Sepulturero Jones y Ataúd Jonson, sus héroes, son dos policías de raza negra que trabajan en Harlem, pero que no tienen nada que ver con los de McBain. Saben que el único modo de mantener el orden y conservar la vida en ese barrio es ser aún más salvaje que los delincuentes y por eso alimentan la leyenda de su propia brutalidad. De ellos se dice que mataron a un hombre por tirarse un pedo y que son los hombres, sin más apelativos. Conscientes de que son la fuerza de choque del hombre blanco contra sus hermanos de raza, aprovechan sin embargo cualquier resquicio que el sistema les ofrece para burlar a sus aparentes amos y, pese a su brutalidad, son mucho más humanos que los refinados detectives de principios del siglo XX.

El globalizado mundo actual en el que vivimos sigue necesitado de policías y detectives. Los crímenes cambian según cambia la sociedad, pero el fondo que los sustenta, las pasiones, la corrupción, la ambición y las ansias de poder permanecen y quienes bucean en ellos para pergeñar sus historias siguen teniendo un campo de acción prácticamente ilimitado. Por otra parte, cada vez más el mestizaje entre géneros va rompiendo estereotipos y podemos encontrarnos con policías indisciplinados y escépticos como el inspector Méndez de González Ledesma o el Harry Bosch de Michael Connelly, guardias civiles que intentan dar una imagen más moderna del benemérito instituto como los agentes Bevilacqua y Chamorro creados por Lorenzo Silva o detectives de la vieja escuela como Toni Romano, ex policía protagonista de unas cuantas novelas de Juan Madrid.

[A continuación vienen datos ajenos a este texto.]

-- ===== src/Sorting/Plugins/TieBreak/Scan.antt =====
-- src/sorting/plugins.rs: the search for the position of a node that is pinned.
use libloot.Prelude.{
  ℕ, ◌≡◌, refl, ap, ◌∙◌, subst, inl, inr, Bool, true, false, List, [], ◌∷◌, ◌++◌, Option, none,
  some, Memᴰ, length, length-append, mem_cons, arith,
}
use mathlib.Core.List.{reverse, reverse-append, append_assoc}
use libloot.External.Petgraph.{Petgraph}
use libloot.Sorting.Graph.{Reach}
use libloot.Sorting.Plugins.Data.{SortingPlugin, PluginSortingData}
use libloot.Sorting.Plugins.Graph.{PluginsGraph, path_exists}
use libloot.Sorting.Plugins.Graph.Paths.{next_of, IsCacheSound, PathAnswer, path_exists-PathAnswer}
use libloot.Sorting.Plugins.TieBreak.{last_unreached}

pub length-reverse : (xs : List ℕ) → length (reverse xs) ≡ length xs
length-reverse [] = refl
length-reverse (x ∷ xs) = omega (
  arith,
  ap length (reverse-append (x ∷ []) xs),
  length-append (reverse xs) (x ∷ []),
  length-reverse xs,
)

-- What the search for the place of `node` found, on the nodes before `zs` in the order `whole`.
pub data Place (next : ℕ → List ℕ) (node : ℕ) (whole : List ℕ) : Option ℕ → Type 0 where
  first : ((y : ℕ) → Memᴰ y whole → Reach next node y) → Place next node whole none
  behind :
      (before : List ℕ) (x : ℕ) (zs : List ℕ) (k : ℕ)
      → length before ≡ k
      → whole ≡ before ++ x ∷ zs
      → ¬ (Reach next node x)
      → ((y : ℕ) → Memᴰ y zs → Reach next node y)
      → Place next node whole (some k)

module _ {E T : Type 0} (trait : SortingPlugin E T) (P : Petgraph (PluginSortingData T)) where
  abbrev Graph : Type 0
  Graph = PluginsGraph trait P

  pub record Scanned (graph : Graph) (node : ℕ) (whole : List ℕ) (r : Option ℕ × Graph)
      : Type 0 where
    pub same : r.1.inner ≡ graph.inner
    pub sound : IsCacheSound trait P r.1
    pub place : Place (next_of trait P graph) node whole r.0

  pub last_unreached-Scanned :
      (node : ℕ) (rs zs : List ℕ) (graph : Graph)
      → IsCacheSound trait P graph
      → ((y : ℕ) → Memᴰ y zs → Reach (next_of trait P graph) node y)
      → Scanned graph node (reverse rs ++ zs) (last_unreached trait P node rs graph)
  unfolding last_unreached
  last_unreached-Scanned node [] zs graph sound reached = record {
    same = refl;
    sound = sound;
    place = first reached;
  }
  last_unreached-Scanned node (ni ∷ before) zs graph sound reached =
      go (path_exists trait P node ni graph) (path_exists-PathAnswer trait P graph node ni sound)
        (last_unreached-Scanned node before (ni ∷ zs))
    where
      whole_eq : reverse (ni ∷ before) ++ zs ≡ reverse before ++ ni ∷ zs
      whole_eq =
          ap (λ (l : List ℕ). l ++ zs) (reverse-append (ni ∷ []) before)
          ∙ append_assoc (reverse before) (ni ∷ []) zs

      go :
          (r : Bool × Graph)
          → PathAnswer trait P graph node ni r
          → ((g : Graph)
              → IsCacheSound trait P g
              → ((y : ℕ) → Memᴰ y (ni ∷ zs) → Reach (next_of trait P g) node y)
              → Scanned g node (reverse before ++ ni ∷ zs) (last_unreached trait P node before g))
          → Scanned graph node (reverse (ni ∷ before) ++ zs) (elim r.0 [
            | true ↦ last_unreached trait P node before r.1
            | false ↦ (some (length before), r.1)
          ])
      go (true, g) a rec =
          let s = rec g a.sound (λ y m. elim ((mem_cons y ni zs).0 m) [
            | inl e ↦ rw (e, a.same) (a.found refl)
            | inr old ↦ rw a.same (reached y old)
          ]) in
          record {
            same = s.same ∙ a.same;
            sound = s.sound;
            place = rw whole_eq (
                subst
                  (λ (i : P.Graph).
                    Place (P.neighbors i) node (reverse before ++ ni ∷ zs)
                      (last_unreached trait P node before g).0)
                  a.same s.place);
          }
      go (false, g) a rec = record {
        same = a.same;
        sound = a.sound;
        place =
            behind (reverse before) ni zs (length before) (length-reverse before) whole_eq
              (a.not_found refl) reached;
      }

Todos ellos viejos (o en algunos casos nuevos) policías y detectives que sobreviven como pueden ante el aluvión de forenses que han decidido abandonar la sala de autopsias para participar directamente en la investigación de los asesinatos que han pasado previamente por su bisturí. Ya antes de que se pusieran de moda esos personajes gracias a series como CSI, las novelas de Patricia Cornwell protagonizadas por Kay Scarpetta o de Kathy Reichs, cuyo personaje fijo, Temperance Brennan, ha saltado también a la pequeña pantalla en la serie Bones, nos mostraron una nueva serie de investigadores que saben compaginar perfectamente el trabajo de calle con el del laboratorio, sin que por ello merme la calidad de las novelas policíacas que protagonizan ni el placer que nos produce su lectura.

Tenemos, como se puede ver, investigadores de todas las clases. Alguno incluso ha ido al barnetegi y habla euskera, como Simón Artabe, el detective creado por Jon Arretxe para sus novelas Manila konexioa y Kleopatra, un tipo grosero, faltón y gorrón, pero que pese a ello se nos hace cercano y entrañable. Y la saga continúa, mientras haya crímenes habrá detectives, y mientras haya detectives seguiremos leyendo sus historias, recostados en nuestra butaca preferida, con una copa en la mano mientras en la chimenea danza el fuego. Quizás, después de todo, en algunos momentos el crimen sí compensa.